-- ===== src/Hnsw/Update/Inserted.antt =====
-- An insert keeps the index valid.
use gvector.Prelude.{
  ℕ, ◌+◌, ◌<◌, ◌≡◌, refl, sym, ap, ◌∙◌, subst, ◌≢◌, ◌⊎◌, inl, inr, false, none, some, [], ◌∷◌,
  arith, Option-cases, some_inj, length, get_elem?, replicate, length-append, get_elem?-lt,
  get_elem?-append_left, get_elem?-append_here, nat_key, string_key,
}
use gvector.Types.{VectorId, Vector}
use gvector.Index.{ok}
use gvector.Distance.{F32Ops}
use gvector.Hnsw.{HnswIndex, Randomness, levels_at}
use gvector.Hnsw.Layer.Found.{HasLevel, IsClosed}
use gvector.Hnsw.Update.{link_node, link_from, insert_vector}
use gvector.Hnsw.Update.Links.{Kept, link_from-Kept}
use gvector.Hnsw.Update.Rows.{rows, rows-link_node}
use gvector.Hnsw.Update.Tracked.{IsTracked, IsAlive}
use gvector.Hnsw.Update.Valid.{
  IsValid, placed, new_level, placed-IsTracked, insert_vector_ok, with_node-here, with_node-tall,
  with_node-IsClosed, with_node-HasLevel, links-placed, rows-placed,
}

-- What linking a node has to leave: the rows, the heights and a closed graph, and an entry point.
pub record IsLinked {R : Type 0} (before after : HnswIndex R) (slot : ℕ) : Type 0 where
  pub same_rows : rows after ≡ rows before
  pub kept : Kept after before
  pub from : (after.entry ≡ some slot) ⊎ (after.entry ≡ before.entry)
  pub entry_some : after.entry ≢ none

module _ (ops : F32Ops) {R : Type 0} where
  link_node-IsLinked :
      (slot level : ℕ) (idx : HnswIndex R)
      → IsClosed idx.links
      → HasLevel idx.links level slot
      → ((e : ℕ) → idx.entry ≡ some e → HasLevel idx.links 0 e)
      → IsLinked idx (link_node ops slot level idx) slot
  unfolding link_node
  link_node-IsLinked slot level idx closed at_slot at_entry = elim (Option-cases idx.entry) [
    | inl e ↦
        let out : link_node ops slot level idx ≡ record idx { entry = some slot } = ground arith in
        subst (λ x. IsLinked idx x slot) (sym out)
          (record {
            same_rows = refl;
            kept = (closed, (λ s. refl), refl);
            from = inl refl;
            entry_some = λ q. cc;
          })
    | inr (entry, e) ↦
        let out : link_node ops slot level idx ≡ link_from ops slot level entry idx =
          ground arith in
        let (kept, from) =
          link_from-Kept ops slot level entry idx closed at_slot (at_entry entry e) in
        subst (λ x. IsLinked idx x slot) (sym out)
          (record {
            same_rows = ap rows (sym out) ∙ rows-link_node ops slot level idx;
            kept = kept;
            from = from;
            entry_some = λ q. elim from [ inl f ↦ cc | inr f ↦ cc ];
          })
  ]

module _ (ops : F32Ops) {R : Type 0} (random : Randomness R) (idx : HnswIndex R) (id : VectorId)
    (v : Vector) (valid : IsValid idx) where
  abbrev at_end : HnswIndex R
  at_end = placed ops random idx id v

  new-alive : IsAlive (rows at_end) (length idx.ids)
  new-alive =
      ap (λ r. get_elem? r.deleted (length idx.ids)) (rows-placed ops random idx id v)
      ∙ get_elem?-append_here idx.deleted [] false (length idx.ids) (sym valid.tracked.flags)

  old-alive : (e : ℕ) → IsAlive (rows idx) e → IsAlive (rows at_end) e
  old-alive e h =
      ap (λ r. get_elem? r.deleted e) (rows-placed ops random idx id v)
      ∙ get_elem?-append_left idx.deleted (false ∷ []) e (get_elem?-lt idx.deleted e false h)
      ∙ h

  linked-IsValid :
      (after : HnswIndex R)
      → IsTracked (rows at_end)
      → IsLinked at_end after (length idx.ids)
      → IsValid after
  linked-IsValid after tracked l =
      let level = new_level ops random idx id v in
      let (links, entry) = links-placed ops random idx id v in
      let (closed, same, len) = l.kept in
      let tall =
        subst (λ x. (s : ℕ) → s < length x → HasLevel x 0 s) (sym links)
          (with_node-tall idx.links level valid.tall) in
      record {
        tracked = subst IsTracked (sym l.same_rows) tracked;
        nodes =
            len
            ∙ ap length links
            ∙ length-append idx.links (replicate (level + 1) [] ∷ [])
            ∙ ap (λ n. n + 1) valid.nodes
            ∙ sym (length-append idx.ids (id ∷ []))
            ∙ ap (λ r. length r.ids) (sym (l.same_rows ∙ rows-placed ops random idx id v));
        tall = λ s h. omega (arith, tall s (omega (arith, len)), same s);
        closed = closed;
        entered = λ e h. elim l.from [
          | inl f ↦
              let here : length idx.ids ≡ e = some_inj (sym f ∙ h) in
              subst (λ s. HasLevel after.links 0 s × IsAlive (rows after) s) here
                (
                  omega (
                    arith,
                    same (length idx.ids),
                    tall (length idx.ids) (
                        omega (
                          arith,
                          ap length links,
                          length-append idx.links (replicate (level + 1) [] ∷ []),
                          valid.nodes,
                        )),
                  ),
                  ap (λ r. get_elem? r.deleted (length idx.ids)) l.same_rows ∙ new-alive,
                )
          | inr f ↦
              let (high, alive) = valid.entered e (sym entry ∙ sym f ∙ h) in
              let there = with_node-HasLevel idx.links level 0 e high in
              (
                omega (arith, same e, ap (λ x. length (levels_at x e)) links, there),
                ap (λ r. get_elem? r.deleted e) l.same_rows ∙ old-alive e alive,
              )
        ];
        started = λ e. absurd (l.entry_some e);
      }

-- An insert that succeeds keeps the rows in step and every edge and the entry point within bounds.
pub insert_vector-IsValid :
    (ops : F32Ops) {R : Type 0} (random : Randomness R) (idx : HnswIndex R) (id : VectorId)
    (v : Vector) {idx' : HnswIndex R}
    → IsValid idx
    → insert_vector ops random idx id v ≡ ok idx'
    → IsValid idx'
insert_vector-IsValid ops random idx id v valid e =
    let (l, fresh, out) = insert_vector_ok ops random idx id v e in
    let level = new_level ops random idx id v in
    let (links, entry) = links-placed ops random idx id v in
    rw out (
      linked-IsValid ops random idx id v valid _
        (placed-IsTracked ops random idx id v valid l fresh)
        (link_node-IsLinked ops (length idx.ids) level (placed ops random idx id v)
          (subst IsClosed (sym links) (with_node-IsClosed idx.links level valid.closed))
          (subst (λ n. HasLevel (placed ops random idx id v).links level n) valid.nodes
            (subst (λ x. HasLevel x level (length idx.links)) (sym links)
              (with_node-here idx.links level)))
          (λ e q.
            subst (λ x. HasLevel x 0 e) (sym links)
              (with_node-HasLevel idx.links level 0 e (valid.entered e (sym entry ∙ q)).0))))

◆ Work order: Looking at the material above, count the lines that hold "none" and give the total alone.

◆ Response to this task: 2